Worker Deployment Role Permissions in Production Accounts

Important

When you instruct Veeam Backup for AWS to deploy worker instances in production accounts to perform RDS and EC2 backup and restore operations, as well as EFS indexing operations, Veeam Backup for AWS uses the permissions of IAM roles specified for backup and restore operations. That is why you must assign to these IAM roles additional permissions listed in sections RDS Backup IAM Role Permissions, EC2 Backup IAM Role Permissions, EC2 Restore IAM Permissions, RDS Database Restore IAM Permissions and EFS Backup IAM Role Permissions.

Veeam Backup for AWS uses IAM roles that are attached to worker instances deployed in production accounts, which are further used by Veeam Backup for AWS to communicate with these instances to perform the following operations:

To create indexes of the backed up EFS file systems.
To perform image-level backup and restore operations with PostgreSQL DB instances.
To perform image-level backup, entire instance and volume-level restore operations with EC2 instances.

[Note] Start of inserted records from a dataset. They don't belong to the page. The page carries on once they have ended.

-- ===== src/Tasks/Jobs/Cache.antt =====
-- near-fetch/src/lib.rs: what happens to the cache while tasks send transactions is a run of
-- Tasks.antt.
use near_fetch.Prelude.{ℕ, ◌≡◌, sym, ap, inl, inr}
use mathlib.Core.Path.{subst}
use near_fetch.Near.{Near}
use near_fetch.Effects.{CacheKey, Net}
use near_fetch.Tasks as Tasks
use near_fetch.Tasks.{
  acquire_read, hit, miss, acquire_write, find_occupied, find_vacant, fetched, failed, viewed,
  viewed_occupied, cancelled, invalidate,
}
use near_fetch.Tasks.Jobs.{
  Jobs, Work, Fetches, Returns, Step, account, public_key, sign_tx, fetch_nonce, fetch, signer_id,
  sign, send, refused, finished, dropped, NoWrap, Reach, here, next, IsWithin,
}

module _ ⦃near : Near⦄ where
  abbrev cache_of : Jobs → Tasks.System
  cache_of s = s.cache

  Returns-cache :
      (i : ℕ) (k : CacheKey) (n : ℕ) (s : Jobs) (c : Tasks.System) {t : Jobs}
      → Returns i k n s c t
      → t.cache ≡ c
  Returns-cache i k n s c (inl (ck, e, hash, at, f)) = ap cache_of f
  Returns-cache i k n s c (inr f) = ap cache_of f

  pub Fetches-cache :
      (s t : Jobs) {c : Tasks.System} (st : Tasks.Step s.cache c) → Fetches s st t → t.cache ≡ c
  Fetches-cache s t (acquire_read i k p free e) (ck, at, f) = ap cache_of f
  Fetches-cache s t (hit i k n p found e) (ck, at, f) = ap cache_of f
  Fetches-cache s t (miss i k p absent e) f = ap cache_of f
  Fetches-cache s t (acquire_write i k p free e) f = ap cache_of f
  Fetches-cache s t (find_occupied i k n p found e) (ck, at, f) = ap cache_of f
  Fetches-cache s t (find_vacant i k p absent e) f = ap cache_of f
  Fetches-cache s t (fetched i k n p e) (ck, hash, at, f) = ap cache_of f
  Fetches-cache s t (failed i k p e) f = ap cache_of f
  Fetches-cache s t {c} (viewed i k n p e) f = Returns-cache i k n s c f
  Fetches-cache s t {c} (viewed_occupied i k n p e) f = Returns-cache i k n s c f
  Fetches-cache s t (cancelled i k p e) f = ap cache_of f
  Fetches-cache s t (invalidate k free e) f = ap cache_of f

  -- The cache was reached, with no counter wrapped around on the way.
  abbrev pub IsReached : Tasks.System → Type 0
  IsReached c = (r : Tasks.Reach c) × Tasks.IsWithin r

  Fetches-IsReached :
      (s t : Jobs) {c : Tasks.System} (st : Tasks.Step s.cache c)
      → Fetches s st t
      → Tasks.NoWrap st
      → IsReached s.cache
      → IsReached t.cache
  Fetches-IsReached s t st f small (r, within) =
      subst IsReached (sym (Fetches-cache s t st f)) (Tasks.next r st, (within, small))

module _ ⦃near : Near⦄ ⦃net : Net⦄ (work : Work) where
  -- A step outside `fetch_nonce` and `invalidate_cache` leaves the cache as it is.
  Step-IsReached :
      {s t : Jobs} (st : Step work s t) → NoWrap work st → IsReached s.cache → IsReached t.cache
  Step-IsReached {s} {t} (fetch st f) small r = Fetches-IsReached s t st f small r
  Step-IsReached {s} {t} (refused i ck at free e f) small r =
      Fetches-IsReached s t (invalidate ck free e) f tt r
  Step-IsReached (account i signer id at now acc e) small r =
      subst IsReached (sym (ap cache_of e)) r
  Step-IsReached (public_key i signer id at now e) small r = subst IsReached (sym (ap cache_of e)) r
  Step-IsReached (sign_tx i signer ck at now e) small r = subst IsReached (sym (ap cache_of e)) r
  Step-IsReached (fetch_nonce i signer ck pk id at now acc e) small r =
      subst IsReached (sym (ap cache_of e)) r
  Step-IsReached (signer_id i signer ck c hash id at now acc e) small r =
      subst IsReached (sym (ap cache_of e)) r
  Step-IsReached (sign i signer ck c hash id at now e) small r =
      subst IsReached (sym (ap cache_of e)) r
  Step-IsReached (send i ck c tx at e) small r = subst IsReached (sym (ap cache_of e)) r
  Step-IsReached (finished i ck at e) small r = subst IsReached (sym (ap cache_of e)) r
  Step-IsReached (dropped i ck k at out e) small r = subst IsReached (sym (ap cache_of e)) r

  pub Reach-IsReached : {s : Jobs} (r : Reach work s) → IsWithin work r → IsReached s.cache
  Reach-IsReached (here counters) within = (Tasks.here, tt)
  Reach-IsReached (next r st) within = Step-IsReached st within.1 (Reach-IsReached r within.0)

To perform these operations, IAM roles specified in the EFS backup policy settings, RDS backup policy settings, EC2 backup policy settings, EC2 entire instance restore, EC2 volume-level restore and RDS database restore settings must meet the following requirements:

The IAM roles must be included at least in one instance profile. For more information on instance profiles, see AWS Documentation.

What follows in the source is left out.